Desde su lecho de muerte, en el pazo de Meirás, la enamorada verá brotar en los brazos de su amado los ecos de una historia pasada, el ardor del deseo, y una extraña llama juvenil:
“Concha me llamaba desde el jardín, con alegres voces. Salí a la solana, tibia y dorada
al sol mañanero. El campo tenía una emoción latina de yuntas, de vendimias y de
labranzas. Concha estaba al pie de la solana:
─ ¿Tienes ahí a Florisel? ─ ¿Florisel es el paje? ─ Sí.
─ Parece bautizado por las hadas. ─ Yo soy su madrina. Mándamelo. ─ ¿Qué le
quieres?
─ Decirle que te suba estas rosas.
Y Concha me enseñó su falda donde se deshojaban las rosas, todavía cubiertas de
rocío, desbordando alegremente como el fruto ideal de unos amores que sólo
floreciesen en los besos:
─ Todas son para ti. Estoy desnudando el jardín.”
En un otoño desierto y gris, con su perro “Bel Ami” de la mano, el poeta paseaba su soledad de hombre ciego, y soñaba con las cercanas cumbres de El Guadarrama.
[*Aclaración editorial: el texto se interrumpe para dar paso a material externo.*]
-- ===== src/Postgres/Imports/Lifecycle.antt =====
-- The invariant of the queue's table, under the statements of any workers and handlers.
use google_photos_picker.Base.{
  ℕ, ◌≤◌, String, ◌≡◌, ◌≢◌, sym, subst, Bool, none, some, [], ◌∷◌, lookup, insert as insert_key,
  erase, HasUniqueKeys, lookup-insert, lookup-erase, insert-HasUniqueKeys, erase-HasUniqueKeys,
  length, length-append, Bool-cases, Option-cases, inl, inr, ◌⊎◌, ◌==◌, arith,
}
use google_photos_picker.Exec.{Result, ok, Result-cases}
use google_photos_picker.Stores.{failed, ImportJob, Metadata}
use google_photos_picker.Postgres.Imports.{
  ImportRow, ImportTable, new_row, insert_job, start_row, claim_row, update_job, delete_job,
}
use google_photos_picker.Postgres.Imports.Claim.{IsClaimed, claim_row-some, claim_row-none}
use google_photos_picker.Postgres.Imports.Rows.{
  Stmt, insert, claim, total, success, failure, finish, fail, remove, after,
}

-- The counters of a row: one saved id for each completed item, each counter within the INT column,
-- and a message on every failed job.
pub record RowIsConsistent (row : ImportRow) : Type 0 where
  pub counted : row.completed_items ≡ length row.saved_ids
  pub completed_fits : row.completed_items ≤ 2147483647
  pub failed_fits : row.failed_items ≤ 2147483647
  pub total_fits : row.total_items ≤ 2147483647
  pub failure_named : row.status ≡ failed → row.error ≢ none

pub record IsConsistent (j : ImportTable) : Type 0 where
  pub unique : HasUniqueKeys j
  pub rows : (id : String) (row : ImportRow) → lookup id j ≡ some row → RowIsConsistent row

insert-IsConsistent :
    (id : String) (row : ImportRow) (j : ImportTable)
    → RowIsConsistent row
    → IsConsistent j
    → IsConsistent (insert_key id row j)
insert-IsConsistent id row j new h = record {
  unique = insert-HasUniqueKeys id row j h.unique;
  rows = λ k r f. elim (Bool-cases (id == k)) [
    | inl same ↦ subst RowIsConsistent (ground (arith, lookup-insert id k row j)) new
    | inr differ ↦ h.rows k r (ground (arith, lookup-insert id k row j))
  ];
}

erase-IsConsistent : (id : String) (j : ImportTable) → IsConsistent j → IsConsistent (erase id j)
erase-IsConsistent id j h = record {
  unique = erase-HasUniqueKeys id j h.unique;
  rows = λ k r f. h.rows k r (ground (arith, lookup-erase id k j));
}

-- Every statement leaves the table, or writes or deletes one row.
pub insert_job-cases :
    (id user_id session_id : String) (meta : Metadata) (now : ℕ) (j : ImportTable)
    → ((insert_job id user_id session_id meta now j).1 ≡ j)
      ⊎ ((lookup id j ≡ none)
          × ((insert_job id user_id session_id meta now j).1
              ≡ insert_key id (new_row user_id session_id meta now) j))
unfolding insert_job
insert_job-cases id user_id session_id meta now j = ground arith

pub record Rewritten (id : String) (change : ImportRow → Result ImportRow) (j j' : ImportTable)
    : Type 0 where
  pub row : ImportRow
  pub new : ImportRow
  pub present : lookup id j ≡ some row
  pub changed : change row ≡ ok new
  pub table_eq : j' ≡ insert_key id new j

pub update_job-cases :
    (id : String) (change : ImportRow → Result ImportRow) (j : ImportTable)
    → ((update_job id change j).1 ≡ j) ⊎ Rewritten id change j (update_job id change j).1
unfolding update_job
update_job-cases id change j = elim (Option-cases (lookup id j)) [
  | inl missing ↦ inl (ground arith)
  | inr (row, present) ↦ elim (Result-cases (change row)) [
    | inl (new, changed) ↦ inr (record {
      row = row;
      new = new;
      present = present;
      changed = changed;
      table_eq = ground arith;
    })
    | inr (e, refused) ↦ inl (ground arith)
  ]
]

pub claim_row-cases :
    (locked : String → Bool) (now : ℕ) (j : ImportTable)
    → HasUniqueKeys j
    → (((claim_row locked now j).0 ≡ ok none) × ((claim_row locked now j).1 ≡ j))
      ⊎ ((job : ImportJob) × ((claim_row locked now j).0 ≡ ok (some job))
          × IsClaimed locked now job j (claim_row locked now j).1)
claim_row-cases locked now j u = elim (Result-cases (claim_row locked now j).0) [
  | inl (none, r) ↦ inl (r, (claim_row-none locked now j r).0)
  | inl (some job, r) ↦ inr (job, r, claim_row-some locked now j job u r)
  | inr (e, r) ↦ absurd (unfold claim_row in ground arith)
]

pub delete_job-cases :
    (user_id id : String) (j : ImportTable)
    → ((delete_job user_id id j).1 ≡ j) ⊎ ((delete_job user_id id j).1 ≡ erase id j)
unfolding delete_job
delete_job-cases user_id id j = ground arith

module _ (now : ℕ) (j : ImportTable) (h : IsConsistent j) where
  update_job-IsConsistent :
      (id : String) (change : ImportRow → Result ImportRow)
      → ((row new : ImportRow) → RowIsConsistent row → change row ≡ ok new → RowIsConsistent new)
      → IsConsistent (update_job id change j).1
  update_job-IsConsistent id change good = elim (update_job-cases id change j) [
    | inl same ↦ subst IsConsistent (sym same) h
    | inr w ↦
        subst IsConsistent (sym w.table_eq) (
          insert-IsConsistent id w.new j (good w.row w.new (h.rows id w.row w.present) w.changed) h)
  ]

  insert_job-IsConsistent :
      (id user_id session_id : String) (meta : Metadata)
      → IsConsistent (insert_job id user_id session_id meta now j).1
  insert_job-IsConsistent id user_id session_id meta =
      elim (insert_job-cases id user_id session_id meta now j) [
        | inl same ↦ subst IsConsistent (sym same) h
        | inr (fresh, e) ↦
            subst IsConsistent (sym e)
              (insert-IsConsistent id (new_row user_id session_id meta now) j (ground arith) h)
      ]

  claim_row-IsConsistent : (locked : String → Bool) → IsConsistent (claim_row locked now j).1
  claim_row-IsConsistent locked = elim (claim_row-cases locked now j h.unique) [
    | inl (_, same) ↦ subst IsConsistent (sym same) h
    | inr (job, _, c) ↦ subst IsConsistent (sym c.table_eq) (
        insert-IsConsistent job.id (start_row now c.row) j
          (ground (arith, h.rows job.id c.row c.was_oldest.present)) h)
  ]

  delete_job-IsConsistent : (user_id id : String) → IsConsistent (delete_job user_id id j).1
  delete_job-IsConsistent user_id id = elim (delete_job-cases user_id id j) [
    | inl same ↦ subst IsConsistent (sym same) h
    | inr e ↦ subst IsConsistent (sym e) (erase-IsConsistent id j h)
  ]

  -- Every statement keeps the table consistent.
  pub after-IsConsistent : (s : Stmt) → IsConsistent (after now s j)
  unfolding after
  after-IsConsistent (insert id user_id session_id meta) =
      insert_job-IsConsistent id user_id session_id meta
  after-IsConsistent (claim locked) = claim_row-IsConsistent locked
  after-IsConsistent (total id n) = update_job-IsConsistent id _ (λ row new c e. ground arith)
  after-IsConsistent (success id saved_id) =
      update_job-IsConsistent id _
        (λ row new c e. ground (arith, length-append row.saved_ids (saved_id ∷ [])))
  after-IsConsistent (failure id) = update_job-IsConsistent id _ (λ row new c e. ground arith)
  after-IsConsistent (finish id) = update_job-IsConsistent id _ (λ row new c e. ground arith)
  after-IsConsistent (fail accepts id message) =
      update_job-IsConsistent id _ (λ row new c e. ground arith)
  after-IsConsistent (remove user_id id) = delete_job-IsConsistent user_id id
Su origen era andaluz. Su paraíso soñado, París. Se llamaba Alejandro Sawa.
Cualquiera podría imaginar a este Alejandro “El Magnífico”─ Alejandro “El Excelso”, como le apodaba su amigo el escritor Eduardo Zamacois─ paseando por los alrededores de ese Madrid decimonónico, provinciano y triste, aspirando el humo de una pipa de ámbar y espuma, regalo de su admirado Paul Verlaine, de quien acostumbraba a recitar aquellos musicales versos de la “Canción de Otoño”:
─ Les sanglots longs/ Des violons/ De l'automne
Blessent mon coeur/ D'une langueur/ Monotone.
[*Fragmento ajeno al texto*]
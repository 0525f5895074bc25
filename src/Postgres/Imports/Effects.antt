-- ===== src/Postgres/Imports/Effects.antt =====
-- What the operations of postgres/imports.go keep, from what their statements keep.
use google_photos_picker.Base.{ℕ, String}
use google_photos_picker.Stores.{Metadata}
use google_photos_picker.Stores.Keeping.{ImportsKeep, JobKeeps, QueueKeeps}
use google_photos_picker.Postgres.Database.{Database}
use google_photos_picker.Postgres.Imports.{ImportTable, pg_import_store}
use google_photos_picker.Postgres.Imports.Rows.{
  Kept, Stmt, insert, claim, total, success, failure, finish, fail, remove, create_job-Keeps,
  claim_next_pending-Keeps, set_total-Keeps, record_item_success-Keeps, record_item_failure-Keeps,
  mark_complete-Keeps, mark_failed-Keeps, get-Keeps,
}

module _ (Q : ImportTable → Type 0) {X : Type 0} (db : Database X) where
  pub pg_import_store-ImportsKeep :
      (user_id : String)
      → ((id session_id : String) (meta : Metadata) → Kept Q (insert id user_id session_id meta))
      → ((id : String) → Kept Q (remove user_id id))
      → ImportsKeep Q (pg_import_store db) user_id
  pg_import_store-ImportsKeep user_id inserts removes = record {
    creates = λ ctx session_id meta.
        create_job-Keeps Q db ctx user_id session_id meta (λ id. inserts id session_id meta);
    gets = λ ctx id. get-Keeps Q db ctx user_id id (removes id);
  }

  pub pg_import_store-JobKeeps :
      (id : String)
      → ((n : ℕ) → Kept Q (total id n))
      → ((saved_id : String) → Kept Q (success id saved_id))
      → Kept Q (failure id)
      → Kept Q (finish id)
      → ((message : String) → Kept Q (fail db.accepts_text id message))
      → JobKeeps Q (pg_import_store db) id
  pg_import_store-JobKeeps id totals successes failures finishes fails = record {
    totals = λ ctx n. set_total-Keeps Q db ctx id n (totals n);
    successes = λ ctx saved_id. record_item_success-Keeps Q db ctx id saved_id (successes saved_id);
    failures = λ ctx. record_item_failure-Keeps Q db ctx id failures;
    finishes = λ ctx. mark_complete-Keeps Q db ctx id finishes;
    give_ups = λ ctx message. mark_failed-Keeps Q db ctx id message (fails message);
  }

  module _ (keep : (s : Stmt) → Kept Q s) where
    -- What every statement keeps, everything keeps.
    pub pg_import_store-QueueKeeps : QueueKeeps Q (pg_import_store db)
    pg_import_store-QueueKeeps = record {
      claims = λ ctx. claim_next_pending-Keeps Q db ctx (λ locked. keep (claim locked));
      jobs = λ id.
          pg_import_store-JobKeeps id (λ n. keep (total id n))
            (λ saved_id. keep (success id saved_id)) (keep (failure id)) (keep (finish id))
            (λ message. keep (fail db.accepts_text id message));
    }

    pub all-ImportsKeep : (user_id : String) → ImportsKeep Q (pg_import_store db) user_id
    all-ImportsKeep user_id =
        pg_import_store-ImportsKeep user_id
          (λ id session_id meta. keep (insert id user_id session_id meta))
          (λ id. keep (remove user_id id))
Debajo de esos harapos que vemos reluce un Ideal que brilla aún más que el sol: que no es el de obtener una cómoda posición social para sí mismo o para los suyos, ni el de tener a la diosa Fortuna de su lado, ni siquiera el competir por la fama que persiguen los mejores.
Este hombre, de tan apuesta y gallarda figura, es un elegido de los dioses; en su corazón late una extraordinaria pasión: su amor por la literatura.
A este descendiente de Homero, con raíces familiares en la ciudad griega de Esmirna, la inmortalidad no le habrá de llegar por sus desgarrados escritos, sino por obra y gracia de su propia vida, y de la mano de otro escritor: un émulo de Cervantes, manco como aquél, que plasmará la épica cotidiana de un hiperbólico andaluz en la figura de Max Estrella, personaje de la obra “Luces de bohemia”.
…
De Manuel Sabba Malcochi, el abuelo griego de Alejandro, sabemos que vino desde su tierra a establecerse en Carmona, población cercana a Sevilla, donde le nacería su hijo mayor Alejandro Sawa Gutiérrez.
Del matrimonio de este último, y de la sevillana María Rosa Martínez Almorín, nacería nuestro escritor, tercero de sus hermanos, en el número 26 de la sevillana calle de San Pedro Mártir, en el céntrico barrio de La Magdalena.
Un15 de marzo de 1862 llegará este niño al mundo; y fechas después, en la pila bautismal de la iglesia de San Pablo, se le impondrá el nombre de Alejandro.
Hacia 1870 la familia Sawa Martínez se trasladará a Málaga, lugar donde tiene asiento la otra rama familiar de los Sawa.
Establecerá su domicilio en el número 22 de la actual Plaza de la Merced, en el mismo ámbito donde años después habría de nacer el pintor Pablo Picasso.
De la neblina de aquellos años la figura del anarquista gaditano Fermín Salvochea lucirá en la mente de Alejandro con todo el fulgor de una antorcha:
─ De 1873 yo no guardo sino dos recuerdos en firme: el del saqueo en Málaga, por las turbas, del cuartel de la Merced y el de mi gran colección de cajas de cerillas, en que toda la vasta iconografía revolucionaria de por entonces dejo trazada sus rasgos fisionómicos para la posteridad.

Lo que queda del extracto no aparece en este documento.